AkkerbouwOpinie

Twijfel aan analyses

Als op scherpst van snede bemest moet worden, dan graag op basis van correcte grondanalyses. Dan blijkt: ene laboratoriumanalyse is andere niet.

De akkerbouwer van de toekomst is een mineralenmanager. Door wettelijke normen vanuit Den Haag en Brussel wordt de hoeveelheid regels rond de mineralenstromen op het akkerbouwbedrijf groter en groter. Op zich geen nieuws. Scherp zijn met het gebruik van mineralen is essentieel. Enerzijds wegens de kosten die mineralen met zich meebrengen, want daarmee onjuist omgaan is al snel geld over de balk smijten. Anderzijds dwingt de regelgeving ook om efficiënt met mineralen om te gaan. De speelruimte is beperkt, en daarbinnen is een effectieve besteding noodzaak om te komen tot de maximale opbrengst.

Een belangrijk instrument bij het plannen van het mineralengebruik zijn de analyseresultaten van de grondmonsters. Deze uitslagen dienen vaak als basis voor de jaarlijkse bemestingsplannen. Een essentieel onderdeel dus, voor de maximale opbrengst.

Erg belangrijk is dat de resultaten van deze grondmonsteranalyses kloppen en betrouwbaar zijn.

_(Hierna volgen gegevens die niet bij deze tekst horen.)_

-- ===== src/Quantize/Cut/Table.antt =====
-- color/quantize.rs, step 1 of `quantize`: the histogram counts every pixel, under its hash.
use mpris_chroma.Prelude.{
  ℕ, suc, ◌+◌, ◌^◌, ◌<◌, ◌≡◌, refl, sym, ap, ◌∙◌, inl, inr, true, false, none, some, List, [], ◌∷◌,
  ◌++◌, map, map-append, arith, ◌==◌, if◌then◌else◌, Bool-cases, Option-cases, is_some, if_cases,
  length, All, All-append, All-mono,
}
use mpris_chroma.Prelude.Sort.{total, total-append}
use mpris_chroma.Quantize.{Rgb, Entry, pixel_hash}
use mpris_chroma.Quantize.Split.Laws.{pixels}
use mpris_chroma.Quantize.Cut.{
  Keyed, lookup, Histogram, bump, count_pixel, histogram_from, histogram, entries_of,
}

abbrev pub keys : {V : Type 0} → Keyed V → List ℕ
keys = map (λ p. p.0)

abbrev pub values : {V : Type 0} → Keyed V → List V
values = map (λ p. p.1)

-- No key stands twice.
abbrev IsUnique : Keyed Entry → Type 0
IsUnique [] = Unit {0}
IsUnique ((h, e) ∷ m) = (lookup h m ≡ none) × IsUnique m

-- Each entry stands under the hash of its colour.
abbrev IsHashed : ℕ × Entry → Type 0
IsHashed (h, e) = pixel_hash e.color ≡ h

other_keys : (j : ℕ) (m : Keyed Entry) → lookup j m ≡ none → All (λ h. (j == h) ≡ false) (keys m)
unfolding lookup
other_keys j [] n = tt
other_keys j ((h, e) ∷ m) n = elim (Bool-cases (h == j)) [
  | inl t ↦ absurd (cc (rw t at n))
  | inr f ↦ (ground arith, other_keys j m (rw f at n))
]

entries_of-cons :
    (j : ℕ) (e : Entry) (hs : List ℕ) (m : Keyed Entry)
    → All (λ h. (j == h) ≡ false) hs
    → entries_of hs ((j, e) ∷ m) ≡ entries_of hs m
unfolding entries_of lookup
entries_of-cons j e [] m a = refl
entries_of-cons j e (h ∷ hs) m a = let rest = entries_of-cons j e hs m a.1 in rw (a.0, rest) refl

entries_of-keys : (m : Keyed Entry) → IsUnique m → entries_of (keys m) m ≡ some (values m)
unfolding entries_of
entries_of-keys [] u = refl
entries_of-keys ((h, e) ∷ m) u =
    let here : lookup h ((h, e) ∷ m) ≡ some e = unfold lookup in ground arith in
    let rest = entries_of-cons h e (keys m) m (other_keys h m u.0) ∙ entries_of-keys m u.1 in
    rw (here, rest) refl

lookup-bump-none : (k h : ℕ) (m : Keyed Entry) → lookup k m ≡ none → lookup k (bump h m) ≡ none
unfolding lookup bump
lookup-bump-none k h [] n = refl
lookup-bump-none k h ((j, e) ∷ m) n = ground (arith, lookup-bump-none k h m)

lookup-bump-some :
    (k h : ℕ) (m : Keyed Entry) → is_some (lookup k m) ≡ true → is_some (lookup k (bump h m)) ≡ true
unfolding lookup bump
lookup-bump-some k h [] n = n
lookup-bump-some k h ((j, e) ∷ m) n = ground (arith, lookup-bump-some k h m)

bump-IsUnique : (h : ℕ) (m : Keyed Entry) → IsUnique m → IsUnique (bump h m)
unfolding bump
bump-IsUnique h [] u = tt
bump-IsUnique h ((j, e) ∷ m) u =
    if_cases IsUnique (j == h) _ _ (λ _. (u.0, u.1))
      (λ _. (lookup-bump-none j h m u.0, bump-IsUnique h m u.1))

bump-IsHashed : (h : ℕ) (m : Keyed Entry) → All IsHashed m → All IsHashed (bump h m)
unfolding bump
bump-IsHashed h [] a = tt
bump-IsHashed h ((j, e) ∷ m) a =
    if_cases (All IsHashed) (j == h) _ _ (λ _. (a.0, a.1)) (λ _. (a.0, bump-IsHashed h m a.1))

keys-bump : (h : ℕ) (m : Keyed Entry) → keys (bump h m) ≡ keys m
unfolding bump
keys-bump h [] = refl
keys-bump h ((j, e) ∷ m) =
    if_cases {A = Keyed Entry} (λ m'. keys m' ≡ j ∷ keys m) (j == h) _ _ (λ _. refl)
      (λ _. ap (◌∷◌ j) (keys-bump h m))

pixels-bump :
    (h : ℕ) (m : Keyed Entry)
    → is_some (lookup h m) ≡ true
    → pixels (values m) + 1 < 2 ^ 32
    → pixels (values (bump h m)) ≡ pixels (values m) + 1
unfolding bump lookup
pixels-bump h [] i s = absurd (cc)
pixels-bump h ((j, e) ∷ m) i s = elim (Bool-cases (j == h)) [
  | inl t ↦ rw t (omega arith)
  | inr f ↦ let rest = pixels-bump h m (rw f at i) (omega arith) in rw f (omega (arith, rest))
]

lookup-append :
    (k h : ℕ) (e : Entry) (m : Keyed Entry)
    → lookup k (m ++ (h, e) ∷ [])
      ≡ (if is_some (lookup k m) then lookup k m else if h == k then some e else none)
unfolding lookup
lookup-append k h e [] = refl
lookup-append k h e ((j, f) ∷ m) = ground (arith, lookup-append k h e m)

append-IsUnique :
    (h : ℕ) (e : Entry) (m : Keyed Entry)
    → lookup h m ≡ none
    → IsUnique m
    → IsUnique (m ++ (h, e) ∷ [])
unfolding lookup
append-IsUnique h e [] n u = (refl, tt)
append-IsUnique h e ((j, f) ∷ m) n u = elim (Bool-cases (j == h)) [
  | inl t ↦ absurd (cc (rw t at n))
  | inr g ↦ (
    lookup-append j h e m ∙ (let none_here = u.0 in ground (arith, none_here)),
    append-IsUnique h e m (rw g at n) u.1,
  )
]

-- The histogram of as many pixels.
pub record IsTable (t : Histogram) (seen : ℕ) : Type 0 where
  pub ordered : t.order ≡ keys t.table
  pub unique : IsUnique t.table
  pub hashed : All IsHashed t.table
  pub counted : pixels (values t.table) ≡ seen

count_pixel-IsTable :
    (p : Rgb) (t : Histogram) (seen : ℕ)
    → seen + 1 < 2 ^ 32
    → IsTable t seen
    → IsTable (count_pixel p t) (seen + 1)
      × (is_some (lookup (pixel_hash p) (count_pixel p t).table) ≡ true)
      × ((h : ℕ)
          → is_some (lookup h t.table) ≡ true
          → is_some (lookup h (count_pixel p t).table) ≡ true)
unfolding count_pixel
count_pixel-IsTable p t seen s g =
    let h = pixel_hash p in
    elim (Option-cases (lookup h t.table)) [
      | inl n ↦ rw n (
        record {
          ordered =
              ap (λ (o : List ℕ). o ++ h ∷ []) g.ordered
              ∙ sym (
                  map-append (λ (x : ℕ × Entry). x.0) t.table
                    ((h, record { color = p; count = 1 }) ∷ []));
          unique = append-IsUnique h (record { color = p; count = 1 }) t.table n g.unique;
          hashed = All-append IsHashed t.table _ g.hashed (refl, tt);
          counted =
              ap pixels (
                map-append (λ (x : ℕ × Entry). x.1) t.table
                  ((h, record { color = p; count = 1 }) ∷ []))
              ∙ omega (
                arith,
                total-append {0} (λ (x : Entry). x.count) (values t.table)
                    (record { color = p; count = 1 } ∷ []),
                g.counted,
              );
        },
        ground (arith, lookup-append h h (record { color = p; count = 1 }) t.table, n),
        λ k i. ground (arith, lookup-append k h (record { color = p; count = 1 }) t.table, i),
      )
      | inr (e, n) ↦
          let there : is_some (lookup h t.table) ≡ true = rw n refl in
          rw n (
            record {
              ordered = g.ordered ∙ sym (keys-bump h t.table);
              unique = bump-IsUnique h t.table g.unique;
              hashed = bump-IsHashed h t.table g.hashed;
              counted =
                  omega (arith, pixels-bump h t.table there (omega (arith, g.counted)), g.counted);
            },
            lookup-bump-some h h t.table there,
            λ k i. lookup-bump-some k h t.table i,
          )
    ]

histogram_from-IsTable :
    (ps : List Rgb) (t : Histogram) (seen : ℕ)
    → seen + length ps < 2 ^ 32
    → IsTable t seen
    → IsTable (histogram_from t ps) (seen + length ps)
      × All (λ p. is_some (lookup (pixel_hash p) (histogram_from t ps).table) ≡ true) ps
      × ((h : ℕ)
          → is_some (lookup h t.table) ≡ true
          → is_some (lookup h (histogram_from t ps).table) ≡ true)
unfolding histogram_from
histogram_from-IsTable [] t seen s g =
    let e : seen ≡ seen + 0 = omega arith in (rw e at g, tt, λ h i. i)
histogram_from-IsTable (p ∷ ps) t seen s g =
    let step = count_pixel-IsTable p t seen (omega arith) g in
    let rest = histogram_from-IsTable ps (count_pixel p t) (seen + 1) (omega arith) step.0 in
    let e : seen + 1 + length ps ≡ seen + suc (length ps) = omega arith in
    (rw e at rest.0, (rest.2 (pixel_hash p) step.1, rest.1), λ h i. rest.2 h (step.2 h i))

-- 1 for an entry that has a hash.
abbrev pub has_hash : ℕ → Entry → ℕ
has_hash h e = if pixel_hash e.color == h then 1 else 0

hashed_there :
    (h : ℕ) (m : Keyed Entry)
    → All IsHashed m
    → is_some (lookup h m) ≡ true
    → 0 < total (has_hash h) (values m)
unfolding lookup
hashed_there h [] a i = absurd (cc)
hashed_there h ((j, e) ∷ m) a i = elim (Bool-cases (j == h)) [
  | inl t ↦ let same = a.0 in ground (arith, same, t)
  | inr f ↦ let rest = hashed_there h m a.1 (rw f at i) in omega (arith, rest)
]

pub All-hashed :
    (ps : List Rgb) (m : Keyed Entry)
    → All IsHashed m
    → All (λ p. is_some (lookup (pixel_hash p) m) ≡ true) ps
    → All (λ p. 0 < total (has_hash (pixel_hash p)) (values m)) ps
All-hashed ps m a i = All-mono _ _ ps (λ p. hashed_there (pixel_hash p) m a) i

-- The entries that the histogram gives: none is missing, their counts add up to the pixels, and
-- every pixel's hash is the hash of one of them.
pub histogram_lem :
    (ps : List Rgb)
    → length ps < 2 ^ 32
    → (es : List Entry) × (entries_of (histogram ps).order (histogram ps).table ≡ some es)
      × (pixels es ≡ length ps)
      × All (λ p. 0 < total (has_hash (pixel_hash p)) es) ps
unfolding histogram
histogram_lem ps s =
    let start : Histogram = record { order = []; table = [] } in
    let g =
      histogram_from-IsTable ps start 0 (omega arith)
        (record { ordered = refl; unique = tt; hashed = tt; counted = refl }) in
    let t = histogram_from start ps in
    (
      values t.table,
      rw g.0.ordered (entries_of-keys t.table g.0.unique),
      omega (arith, g.0.counted),
      All-hashed ps t.table g.0.hashed g.1,
    )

Het aantal laboratoria is de laatste jaren toegenomen. Meer spelers op de markt is vaak een goed teken; concurrentie geeft scherpte op de prijs. Echter, prijs is één aspect, kwaliteit en betrouwbaarheid is een ander aspect.

Omdat we in de dagelijkse praktijk erg veel onmogelijke uitslagen van bemestingsmonsters onder ogen kregen, meenden we dat er aanleiding was voor een vergelijkend onderzoekje. Hiertoe hebben we een goed gemengd monster van één perceel gesplitst en aangeboden aan de verschillende laboratoria. Alle laboratoria analyseerden dus hetzelfde monster.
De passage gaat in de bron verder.